AFAIK, the Black Templars aren't allowed to have more than 1000 Marines, it's just Helbrecht being a troll counting on the inefficiency of Imperial control.


----------



## Malus Darkblade (Jan 8, 2010)

I've always thought the same about the GK since most chapters don't even know of their existence so they wouldn't raise a fuss about them having more than 1K.


----------



## hailene (Aug 28, 2009)

zerachiel76 said:


> In the same way that the Black Templars are allowed more than 1000,


The Black Templars are "allowed" the extra men because of three reasons:

1. Their fanatical loyalty to the Emperor and the Imperium has never been in question. I can not recall of a single instance of a Black Templar turning on the Imperium.

2. They're spread out. They're not like the Astral Claws were, a single devastating force of several thousand marines. They're literally spread across the entire galaxy.

3. They are such a potent force that if the Black Templars refused to reduce their ranks, the ensuing military conflict would wreck a large swathe of the Imperium.

In short, it's better to let sleeping dies lie.



Malus Darkblade said:


> I've always thought the same about the GK since most chapters don't even know of their existence so they wouldn't raise a fuss about them having more than 1K.


I always figured the Grey Knights simply can not get over 1000 marines due to attrition. Think about it:

They require psykers. That's 1/1,000,000 people already.

Then they have to make the trip back to Terra on the blackships (or some other way) without being euthanized along the way.

Then they need psykers powerful enough to be useful.

Then psykers mentally strong enough to resist the temptation of the Warp.

Then they have to pass the requirements to be a regular space marine.

Then the requirements to pass the Libarius's tests.

Then combine this with the horrible attrition they must suffer since the Grey Knights are sent to the most worse (literally) hell holes in the Imperium to fight the most dangerous of wars.

There's no down time between wars to recoop loses. They have to defend the entire breadth of the Imperium of Man from daemonic incursions.


----------



## Malus Darkblade (Jan 8, 2010)

hailene said:


> I always figured the Grey Knights simply can not get over 1000 marines due to attrition. Think about it:
> 
> They require psykers. That's 1/1,000,000 people already.
> 
> ...


You underestimate the vastness of the Imperium and its population.

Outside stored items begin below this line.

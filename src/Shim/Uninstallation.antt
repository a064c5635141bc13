-- ===== src/Shim/Uninstallation.antt =====
-- `Uninstall` on a lawful file system, as an update of the map that the lock file records.
use runtime_class_manager.Base.{
  ◌≡◌, ◌≢◌, refl, sym, ap, ◌∙◌, true, Option, none, some, Text, text_eq, ◌==◌, ==_refl, ==_ne,
  arith, inl, inr, if◌then◌else◌,
}
use mathlib.Core.Path.{subst⁻¹}
use runtime_class_manager.Go.Outcome.{is_not_exist, Err, Outcome, ok, Action, pure, attempt, ◌>>=◌}
use runtime_class_manager.Go.Outcome.Laws.{Outcome-cases, >>=_elim, >>=-eq-ok}
use runtime_class_manager.Machine.{Machine}
use runtime_class_manager.Machine.Laws.{IsLawful}
use runtime_class_manager.State.{State, get, lock_path, write, find_shim, remove_shim}
use runtime_class_manager.State.Entry.{Shim}
use runtime_class_manager.State.Store.{
  without_entry, Holds, Holds-map, Finds, find_shim-Finds, remove_shim-Finds,
}
use runtime_class_manager.State.Disk.{write-others, get-Finds, write-Holds, lock_content}
use runtime_class_manager.Shim.{Config, installed_path, tolerate_missing, uninstall}
use runtime_class_manager.Shim.Removal.{
  get-Keeps, get-lock_file_path, remove_shim-lock_file_path, installed_path-cases,
}

module _ {W : Type 0} (m : Machine W) (L : IsLawful m.host_fs) (c : Config) (shim_name : Text) where
  -- What a removal leaves behind: no file at the path that the lock file recorded for the shim, the
  -- lock file without that shim, and the other files as they were.
  pub record Uninstalled (find : Text → Option (Option Shim)) (w : W) (r : Outcome Text × W)
      (s : Shim) : Type 0 where
    pub path : r.0 ≡ ok s.path
    pub known : find shim_name ≡ some (some s)
    pub recorded : Holds (lock_content m.host_fs L c.rcm_path r.1) (without_entry shim_name find)
    pub gone :
        L.resolve s.path ≢ L.resolve (lock_path c.rcm_path)
        → L.content r.1 (L.resolve s.path) ≡ none
    pub others :
        (q : Text)
        → q ≢ L.resolve s.path
        → q ≢ L.resolve (lock_path c.rcm_path)
        → L.content r.1 q ≡ L.content w q

  -- After a removal whose error is tolerated, the file is gone and every other file as it was.
  removed-content :
      (p : Text) (w : W) {r : Err}
      → (attempt (m.host_fs.remove p) w).0 ≡ ok r
      → (tolerate_missing m p r (attempt (m.host_fs.remove p) w).1).0 ≡ ok tt
      → (q : Text)
      → L.content (tolerate_missing m p r (attempt (m.host_fs.remove p) w).1).1 q
        ≡ (if q == L.resolve p then none else L.content w q)
  unfolding tolerate_missing
  removed-content p w {r} h k q = elim (Outcome-cases (m.host_fs.remove p w).0) [
    | inl (tt, e) ↦ ground (arith, L.content-remove p w q e)
    | inr (inl (e, failed)) ↦
        let same : r ≡ some e = ground (arith, failed) in
        let missing : is_not_exist e ≡ true = ground (arith, same, k) in
        let (no_file, kept) = L.missing-remove p e w failed missing in
        ground (arith, same, missing, failed, no_file, kept q)
    | inr (inr (t, e)) ↦ absurd (ground arith)
  ]

  abbrev recorded_without : State → Text → Action W Text
  recorded_without st p = write m.host_fs (remove_shim st shim_name) >>= λ _. pure p

  abbrev removed : State → Text → Action W Text
  removed st p =
      attempt (m.host_fs.remove p) >>= λ r. tolerate_missing m p r >>= λ _. recorded_without st p

  abbrev Done : (Text → Option (Option Shim)) → W → Outcome Text × W → Type 0
  Done find before r = (s : Shim) × Uninstalled find before r s

  recorded-Uninstalled :
      (st : State) (s : Shim) (find : Text → Option (Option Shim)) (before w : W) {q : Text}
      → Finds st find
      → st.lock_file_path ≡ lock_path c.rcm_path
      → find shim_name ≡ some (some s)
      → ((q : Text) → L.content w q ≡ (if q == L.resolve s.path then none else L.content before q))
      → (recorded_without st s.path w).0 ≡ ok q
      → Uninstalled find before (recorded_without st s.path w) s
  recorded-Uninstalled st s find before w finds located known gone h =
      let st' = remove_shim st shim_name in
      let (_, wrote, step) = >>=-eq-ok (write m.host_fs st') (λ _. pure s.path) w h in
      let path : st'.lock_file_path ≡ lock_path c.rcm_path =
        remove_shim-lock_file_path st shim_name ∙ located in
      let others : (q : Text)
          → q ≢ L.resolve (lock_path c.rcm_path)
          → L.content (write m.host_fs st' w).1 q
            ≡ (if q == L.resolve s.path then none else L.content before q) =
        λ q a. write-others m.host_fs L st' w q (λ e. a (e ∙ ap L.resolve path)) wrote ∙ gone q in
      rw step (record {
        path = refl;
        known = known;
        recorded =
            Holds-map (ap (λ v. L.content (write m.host_fs st' w).1 (L.resolve v)) (sym path))
              (λ n. refl) (write-Holds m.host_fs L st' w (remove_shim-Finds shim_name finds) wrote);
        gone = λ a. others (L.resolve s.path) a ∙ rw ==_refl refl;
        others = λ q a b. others q b ∙ rw (==_ne q (L.resolve s.path) a) refl;
      })

  -- A call of Uninstall that goes through on a lawful file system implements the removal from a
  -- finite map: if the lock file recorded a map before, it had an entry for the shim, whose path
  -- is returned, and the lock file records the same map without it afterwards; nothing lies at
  -- that path, unless it is the lock file, and every other file is kept.
  pub uninstall-Uninstalled :
      (find : Text → Option (Option Shim)) (w : W) {p : Text}
      → Holds (lock_content m.host_fs L c.rcm_path w) find
      → (uninstall m c shim_name w).0 ≡ ok p
      → (s : Shim) × Uninstalled find w (uninstall m c shim_name w) s
  unfolding uninstall
  uninstall-Uninstalled find w holds h =
      >>=_elim (get m.host_fs c.rcm_path)
        (λ st. installed_path m shim_name (find_shim st shim_name) >>= removed st) w (Done find w) h
        (λ st got h1.
          let w1 = (get m.host_fs c.rcm_path w).1 in
          let kept : (q : Text) → L.content w1 q ≡ L.content w q = get-Keeps m L c shim_name w in
          let finds = get-Finds m.host_fs L c.rcm_path w holds got in
          let (s, found, next) =
            installed_path-cases m L c shim_name w (find_shim st shim_name) (removed st) w1 h1 in
          let h2 : (removed st s.path w1).0 ≡ ok _ = ap (λ r. r.0) (sym next) ∙ h1 in
          subst⁻¹ (Done find w) next (
            >>=_elim (attempt (m.host_fs.remove s.path))
              (λ r. tolerate_missing m s.path r >>= λ _. recorded_without st s.path) w1
              (Done find w) h2
              (λ r attempted h3.
                let w2 = (attempt (m.host_fs.remove s.path) w1).1 in
                >>=_elim (tolerate_missing m s.path r) (λ _. recorded_without st s.path) w2
                  (Done find w) h3
                  (λ _ tolerated h4. (
                    s,
                    recorded-Uninstalled st s find w (tolerate_missing m s.path r w2).1 finds
                        (get-lock_file_path m.host_fs c.rcm_path w got)
                        (sym (find_shim-Finds finds shim_name) ∙ found)
                        (λ q.
                          removed-content s.path w1 attempted tolerated q
                          ∙ ap (λ o. if q == L.resolve s.path then none else o) (kept q))
                        h4,
                  )))))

Also by your logic, it would be hard to maintain a 1K figure yet it's done.


----------



## hailene (Aug 28, 2009)

Malus Darkblade said:


> You underestimate the vastness of the Imperium and its population.


I'm not, really. 

One person in a million is a psyker. 

Only one psyker in a million that makes it to Titan actually becomes a Grey Knight (per _The Emperor's Gift_).

That's a million million...or 1,000,000,000,000. Or out a trillion souls, we see one Grey Knight.

But the Imperium is vast, as you say. There is, after all, 32,380 Hive worlds out there. Let's say there's 40 billion people, on average, on each Hiveworld. 1,295,200,000,000,000. Or 1.295 quadtrillion people. Enough for 1295 Grey Knights.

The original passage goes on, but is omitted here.